A US$550 million funding round raised by tech firm Sea - previously called Garena - helped propel Singapore's venture capital market to new heights in the second quarter.

This came amid a surge in venture capital investment volumes globally, mainly due to more mega deals and a rise in the number of "unicorns" - firms worth more than US$1 billion (S$1.38 billion).

Total venture capital investment here hit US$725.3 million - its second-highest level in the past 5½ years - in the second quarter, with 26 deals recorded.
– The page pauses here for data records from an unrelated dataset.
-- ===== src/Tests/Orders.antt =====
-- Orders and their payments in the sample shop.

use campusassistant_api.Ledger.Balanced.{total_debit, total_credit}
use campusassistant_api.Ledger.Books.{IsBooks}
use campusassistant_api.Market.Closing.{mark_terminal_keeps}
use campusassistant_api.Order.Cancelling.{MayCancel, cancel_by_buyer-MayCancel}
use campusassistant_api.Base.{
  arith, pos, ◌≡◌, ◌≢◌, ◌↔◌, refl, ◌<◌, ◌≤◌, ◌+◌, length, true, false, some, [], ◌∷◌,
}
use campusassistant_api.Base.Table.{lookup}
use campusassistant_api.Base.Word.{wrap, bits_of, signed}
use campusassistant_api.Base.Int.{◌+ℤ◌, ◌-ℤ◌}
use campusassistant_api.Domain.{
  OrderTransaction, BkashStatus, OrderStatus, Order, ok, err, stock_error,
}
use campusassistant_api.Ledger.{post_journal, sum_lines, journal_exists, append_journal}
use campusassistant_api.Billing.{
  record_order_payment, payment_lines, issue_order_invoice, issue_invoice, create_invoice,
  next_invoice_number, bump_counter,
}
use campusassistant_api.Gateway.{paid_amount}
use campusassistant_api.Order.{
  cancel_by_buyer, order_rank, can_transition, take_stock, take_each, record_order_event,
  place_order, transition, order_status_changed,
}
use campusassistant_api.Order.Status.{stage, can_transition_iff, IsHistory-length}
use campusassistant_api.Order.Transition.{MayMove, transition-MayMove}
use campusassistant_api.Order.Stock.{ordered, stock_of, Stocked}
use campusassistant_api.Order.Placing.{place_order_stock, place_order_refused, place_then_cancel}
use campusassistant_api.Market
use campusassistant_api.Market.{pay_order, settle_order}
use campusassistant_api.Market.Fulfilment.{PaysOne, fulfil-PaysOne, fulfil_twice}
use campusassistant_api.Tests.Samples.{order_tx, shop, tenth, order_in, book, bkash, confirmed}

abbrev new_order : Order
new_order = order_in OrderStatus.pending_payment

-- More books than there are.
abbrev large_order : Order
large_order = record new_order { items = book ∷ book ∷ book ∷ [] }

can_transition_iff_example : (can_transition OrderStatus.paid OrderStatus.shipped ≡ true) ↔ (
    (stage OrderStatus.paid < stage OrderStatus.shipped)
    × (OrderStatus.paid ≢ OrderStatus.delivered))
can_transition_iff_example = can_transition_iff OrderStatus.paid OrderStatus.shipped tt tt

IsHistory-length_example :
    stage OrderStatus.paid + length (OrderStatus.shipped ∷ OrderStatus.delivered ∷ []) ≤ 5
unfolding can_transition order_rank
IsHistory-length_example =
    IsHistory-length OrderStatus.paid (OrderStatus.shipped ∷ OrderStatus.delivered ∷ [])
      (refl, (refl, tt))

transition-MayMove_example :
    MayMove 20 OrderStatus.paid shop (transition tenth 20 OrderStatus.paid 1 shop).1 20 new_order
transition-MayMove_example = transition-MayMove tenth 20 OrderStatus.paid 1 shop 20 new_order refl

placed_ok : (place_order new_order shop).0 ≡ ok 100
unfolding place_order take_each take_stock
placed_ok = refl

place_order_stock_example :
    let t = (place_order new_order shop).1 in
    (stock_of 1 t.products ≡ some (pos 5 -ℤ ordered 1 (book ∷ [])))
    × (Stocked shop.products → Stocked t.products)
place_order_stock_example = place_order_stock new_order shop 1 placed_ok

place_order_refused_example :
    place_order large_order shop ≡ (err (stock_error "Book" (pos 1) false), shop)
unfolding place_order take_each take_stock ◌-ℤ◌
place_order_refused_example = place_order_refused large_order shop refl

place_then_cancel_example :
    let t = (place_order new_order shop).1 in
    stock_of 1 (transition tenth 100 OrderStatus.cancelled 1 t).1.products ≡ some (pos 5)
unfolding can_transition order_rank
place_then_cancel_example = place_then_cancel tenth new_order shop 1 1 placed_ok refl refl refl

fulfil-PaysOne_example :
    PaysOne bkash "pay-1" confirmed shop (Market.fulfil bkash "pay-1" confirmed shop).1
fulfil-PaysOne_example = fulfil-PaysOne bkash "pay-1" confirmed shop

fulfilled : (Market.fulfil bkash "pay-1" confirmed shop).0 ≡ ok tt
unfolding Market.fulfil Market.settle_payment settle_order pay_order paid_amount
    record_order_payment post_journal payment_lines sum_lines wrap bits_of signed journal_exists
    issue_order_invoice issue_invoice create_invoice next_invoice_number bump_counter
    order_status_changed record_order_event ◌+ℤ◌ append_journal
fulfilled = refl

fulfil_twice_example :
    let t = (Market.fulfil bkash "pay-1" confirmed shop).1 in
    Market.fulfil bkash "pay-1" confirmed t ≡ (ok tt, t)
fulfil_twice_example = fulfil_twice bkash "pay-1" confirmed confirmed shop fulfilled

cancel_by_buyer-MayCancel_example : MayCancel 7 20 (cancel_by_buyer 7 20 shop).1 20 new_order
cancel_by_buyer-MayCancel_example = cancel_by_buyer-MayCancel 7 20 shop 20 new_order refl

abbrev settled_tx : OrderTransaction
settled_tx = record order_tx { status = BkashStatus.completed }

mark_terminal_keeps_example :
    lookup 30
      (Market.mark_terminal "pay-1" BkashStatus.cancelled "" ""
        (record shop { order_txs = (30, settled_tx) ∷ [] })).order_txs
    ≡ some settled_tx
mark_terminal_keeps_example =
    mark_terminal_keeps "pay-1" BkashStatus.cancelled "" "" 30 settled_tx
      (record shop { order_txs = (30, settled_tx) ∷ [] }) refl refl

shop-IsBooks : IsBooks shop
unfolding total_debit total_credit ◌+ℤ◌
shop-IsBooks = ground arith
This followed US$403 million in the preceding three months.

The surge was largely due to the US$550 million "mega-round" raised by Sea, according to a report released by KPMG yesterday.

"This underscores the importance of mature companies fund-raising within a developing venture ecosystem such as Singapore," said Mr Chia Tek Yew, the head of financial services advisory at KPMG in Singapore.

Globally, venture capital deal value skyrocketed 55.3 per cent to US$40.1 billion in the second quarter.

The US led VC investments in the quarter with US$21.8 billion, followed by Asia (US$12.7 billion) and Europe (US$4.1 billion).

The jump was driven by a resurgence in mega-deals, including China ride-sharing service Didi Chuxing's record US$5.5 billion and news platform Toutiao's US$1 billion.

The quarter also saw the birth of 16 new unicorns globally - the most since the third quarter of 2015.

They included British virtual reality startup Improbable, Chinese bicycle-sharing firm Mobike and Chicago-based healthcare technology firm Outcome Health.

Artificial intelligence, virtual reality and health tech are also expected to be hot areas of investment for the remainder of 2017, said the report.